À Paris, le 1er janvier de l’an 1651e du Seigneur. [9][9]

Votre très dévoué et respectueux Jean Pecquet.


1.

Agde, port méditerranéen du Bas-Languedoc (actuel département de l’Hérault), était le siège du plus petit évêché de France, qui a été dissous à la Révolution. De 1643 à 1657, le titulaire en a été François ii Fouquet (vnote Patin 52/280), frère aîné de Nicolas (surintendant des finances en 1653).

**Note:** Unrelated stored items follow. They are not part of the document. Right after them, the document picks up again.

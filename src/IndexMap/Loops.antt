-- ===== src/IndexMap/Loops.antt =====
-- Loops over the iterators of a map, against plain recursions over its entries.
use rinklers.Prelude.{
  ℕ, zero, suc, ◌+◌, ◌-◌, ◌≤◌, ◌≡◌, refl, sym, ap, ◌∙◌, Option, none, some, List, [], ◌∷◌, ◌++◌,
  map, length, arith, append_assoc, append-nil, length-append, set-append_length,
  get_elem?-append_length,
}
use rinklers.IndexMap.{Entry, element, empty, IndexMap, Iter, next, next_loop, collect}
use rinklers.IndexMap.Iterators.{
  IterMut, next_index, next_value, collect_indeces, collect_values, iter_mut, next_mut, write,
  for_mut,
}

module _ {ℓ κ} {E : Type ℓ} {S : Type κ} (body : ℕ → E → S → E × S) where
  -- The specification: each element is replaced in turn, from the index `i` on, and the empty entries
  -- stay.
  abbrev pub visit_entries : ℕ → List (Entry E) → S → List (Entry E) × S
  visit_entries i [] s = ([], s)
  visit_entries i (empty n ∷ es) s =
      let (es', s') = visit_entries (i + 1) es s in (empty n ∷ es', s')
  visit_entries i (element e ∷ es) s =
      let (e', s1) = body i e s in
      let (es', s') = visit_entries (i + 1) es s1 in (element e' ∷ es', s')

  abbrev at : List (Entry E) → Option ℕ → ℕ → IterMut E
  at es next_empty i = record {
    index_map = record { entries = es; next_empty = next_empty };
    index = i;
  }

  longer : (pre : List (Entry E)) (x : Entry E) → length (pre ++ x ∷ []) ≡ length pre + 1
  longer pre x = length-append pre (x ∷ [])

  next_mut_past :
      (pre : List (Entry E)) (o : Option ℕ)
      → next_mut (at (pre ++ []) o (length pre)) ≡ (none, at (pre ++ []) o (length pre))
  unfolding next_mut
  next_mut_past pre o =
      let over : length pre - length pre ≡ 0 = omega arith in rw (append-nil pre, over) refl

  rounds_left :
      (pre : List (Entry E)) (x : Entry E) (es : List (Entry E))
      → length (pre ++ x ∷ es) - length pre ≡ suc (length es)
  rounds_left pre x es = omega (arith, length-append pre (x ∷ es))

  next_mut_element :
      (pre : List (Entry E)) (e : E) (es : List (Entry E)) (o : Option ℕ)
      → next_mut (at (pre ++ element e ∷ es) o (length pre))
        ≡ (some (length pre, e), at (pre ++ element e ∷ es) o (length pre + 1))
  unfolding next_mut
  next_mut_element pre e es o =
      rw (rounds_left pre (element e) es, next_loop, get_elem?-append_length pre (element e) es)
        refl

  next_mut_empty :
      (pre : List (Entry E)) (n : Option ℕ) (es : List (Entry E)) (o : Option ℕ)
      → next_mut (at (pre ++ empty n ∷ es) o (length pre))
        ≡ next_mut (at (pre ++ empty n ∷ es) o (length pre + 1))
  unfolding next_mut
  next_mut_empty pre n es o =
      let fewer : length (pre ++ empty n ∷ es) - (length pre + 1) ≡ length es =
        omega (arith, rounds_left pre (empty n) es) in
      rw (rounds_left pre (empty n) es, fewer, next_loop, get_elem?-append_length pre (empty n) es)
        refl

  for_mut-none :
      (calls : ℕ) (it it' : IterMut E) (s : S)
      → next_mut it ≡ (none, it')
      → for_mut body (suc calls) it s ≡ (it'.index_map, s)
  unfolding for_mut
  for_mut-none calls it it' s h = rw (for_mut, ap (λ r. r.0) h, ap (λ r. r.1) h) refl

  for_mut-some :
      (calls : ℕ) (it it' : IterMut E) (i : ℕ) (e : E) (s : S)
      → next_mut it ≡ (some (i, e), it')
      → for_mut body (suc calls) it s
        ≡ for_mut body calls (write it' i (body i e s).0) (body i e s).1
  unfolding for_mut
  for_mut-some calls it it' i e s h = rw (for_mut, ap (λ r. r.0) h, ap (λ r. r.1) h) refl

  for_mut-skip :
      (calls : ℕ) (it it' : IterMut E) (s : S) (r : Option (ℕ × E) × IterMut E)
      → next_mut it ≡ r
      → next_mut it' ≡ r
      → for_mut body (suc calls) it s ≡ for_mut body (suc calls) it' s
  for_mut-skip calls it it' s (none, k) h h' =
      for_mut-none calls it k s h ∙ sym (for_mut-none calls it' k s h')
  for_mut-skip calls it it' s (some (i, e), k) h h' =
      for_mut-some calls it k i e s h ∙ sym (for_mut-some calls it' k i e s h')

  for_mut-at :
      (calls : ℕ) (pre es : List (Entry E)) (o : Option ℕ) (s : S)
      → length es ≤ calls
      → for_mut body calls (at (pre ++ es) o (length pre)) s ≡ (
        record { entries = pre ++ (visit_entries (length pre) es s).0; next_empty = o },
        (visit_entries (length pre) es s).1,
      )
  unfolding for_mut write
  for_mut-at zero pre [] o s h = refl
  for_mut-at (suc calls) pre [] o s h = for_mut-none calls _ _ s (next_mut_past pre o)
  for_mut-at zero pre (x ∷ es) o s h = absurd (omega arith)
  for_mut-at (suc calls) pre (empty n ∷ es) o s h =
      let ih = for_mut-at (suc calls) (pre ++ empty n ∷ []) es o s (omega arith) in
      for_mut-skip calls _ _ s _ (next_mut_empty pre n es o) refl
      ∙ (rw
          (
            append_assoc pre (empty n ∷ []) es,
            longer pre (empty n),
            append_assoc pre (empty n ∷ []) (visit_entries (length pre + 1) es s).0,
          )
          at ih)
  for_mut-at (suc calls) pre (element e ∷ es) o s h =
      let (e', s') = body (length pre) e s in
      let ih = for_mut-at calls (pre ++ element e' ∷ []) es o s' (omega arith) in
      for_mut-some calls _ _ (length pre) e s (next_mut_element pre e es o)
      ∙ rw (write, set-append_length pre (element e) (element e') es)
          (rw
            (
              append_assoc pre (element e' ∷ []) es,
              longer pre (element e'),
              append_assoc pre (element e' ∷ []) (visit_entries (length pre + 1) es s').0,
            )
            at ih)

  -- A `for` loop over an `IterMut` ends after at most as many elements as there are entries, and is the
  -- recursion over the entries.
  pub for_mut-iter_mut :
      (calls : ℕ) (m : IndexMap E) (s : S)
      → length m.entries ≤ calls
      → for_mut body calls (iter_mut m) s
        ≡ (record m { entries = (visit_entries 0 m.entries s).0 }, (visit_entries 0 m.entries s).1)
  for_mut-iter_mut calls m s h = for_mut-at calls [] m.entries m.next_empty s h

module _ {ℓ} {E : Type ℓ} where
  -- `Indeces` and `Values` yield the parts of what `Iter` yields.
  pub collect_indeces-collect :
      (calls : ℕ) (it : Iter E)
      → (collect_indeces calls (record { inner = it }) ≡ map (λ x. x.0) (collect calls it))
        × (collect_values calls (record { inner = it }) ≡ map (λ x. x.1) (collect calls it))
  unfolding collect_indeces collect_values next_index next_value collect
  collect_indeces-collect zero it = (refl, refl)
  collect_indeces-collect (suc calls) it =
      by_item (next_loop (length it.index_map.entries - it.index) it.index_map.entries it.index)
        refl (λ k. collect_indeces-collect calls (record it { index = k }))
    where
      by_item :
          (r : Option (ℕ × E) × ℕ)
          → next_loop (length it.index_map.entries - it.index) it.index_map.entries it.index ≡ r
          → ((k : ℕ)
              → (collect_indeces calls (record { inner = record it { index = k } })
                  ≡ map (λ x. x.0) (collect calls (record it { index = k })))
                × (collect_values calls (record { inner = record it { index = k } })
                    ≡ map (λ x. x.1) (collect calls (record it { index = k }))))
          → (collect_indeces (suc calls) (record { inner = it })
              ≡ map (λ x. x.0) (collect (suc calls) it))
            × (collect_values (suc calls) (record { inner = it })
                ≡ map (λ x. x.1) (collect (suc calls) it))
      by_item (none, k) h rest = rw (collect_indeces, collect_values, collect, h) (refl, refl)
      by_item (some x, k) h rest =
          let (indices, values') = rest k in
          rw (collect_indeces, collect_values, collect, h, next_index, next_value, next, h)
            (ap (◌∷◌ (x.0)) indices, ap (◌∷◌ (x.1)) values')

Comme maints évêques d’alors, il séjournait peu dans son diocèse, passant le plus clair de son temps à Paris.

2.

En 1648, après avoir étudié la médecine à Paris au cours des années 1640, sans y être gradué bachelier, puis voyagé en Italie, Jean Pecquet s’était mis sous la protection de François Fouquet, évêque d’Agde, mais c’est à Paris qu’il a mené ses brillantes recherches anatomiques.

3.

V. note [10], Experimenta nova anatomica, chapitre i.

4.

Les disciples de Pythagore (vnote Patin 27/405) étaient réputés suivre aveuglément les rigoureux préceptes de leur maître, jusque dans leurs plus obscurs méandres, car ils le tenaient pour un dieu infaillible.

5.

Dans le mythe, Ménécée, « fils de Créon, roi de Thèbes, s’immola lui-même pour apaiser Mars, irrité de la mort du dragon, et pour obéir à un oracle qui promettait, à ce prix, la fin des malheurs de Thèbes » (Fr. Noël).

6.

Lâche ruse d’Ulysse (vnote Patin 14/9072) qui, pour s’exempter d’aller à la guerre de Troie, « contrefit l’insensé, laboura le sable sur le bord de la mer, avec deux bêtes de différentes espèces, et y sema du sel ; mais Palamède reconnut la feinte en mettant le petit Télémaque sur la ligne du sillon ; Ulysse ne voulant pas blesser son fils, leva le soc de la charrue et fit connaitre par là qu’il n’était pas insensé. Il rendit de grands services aux Grecs dans cette guerre » (Fr. Noël).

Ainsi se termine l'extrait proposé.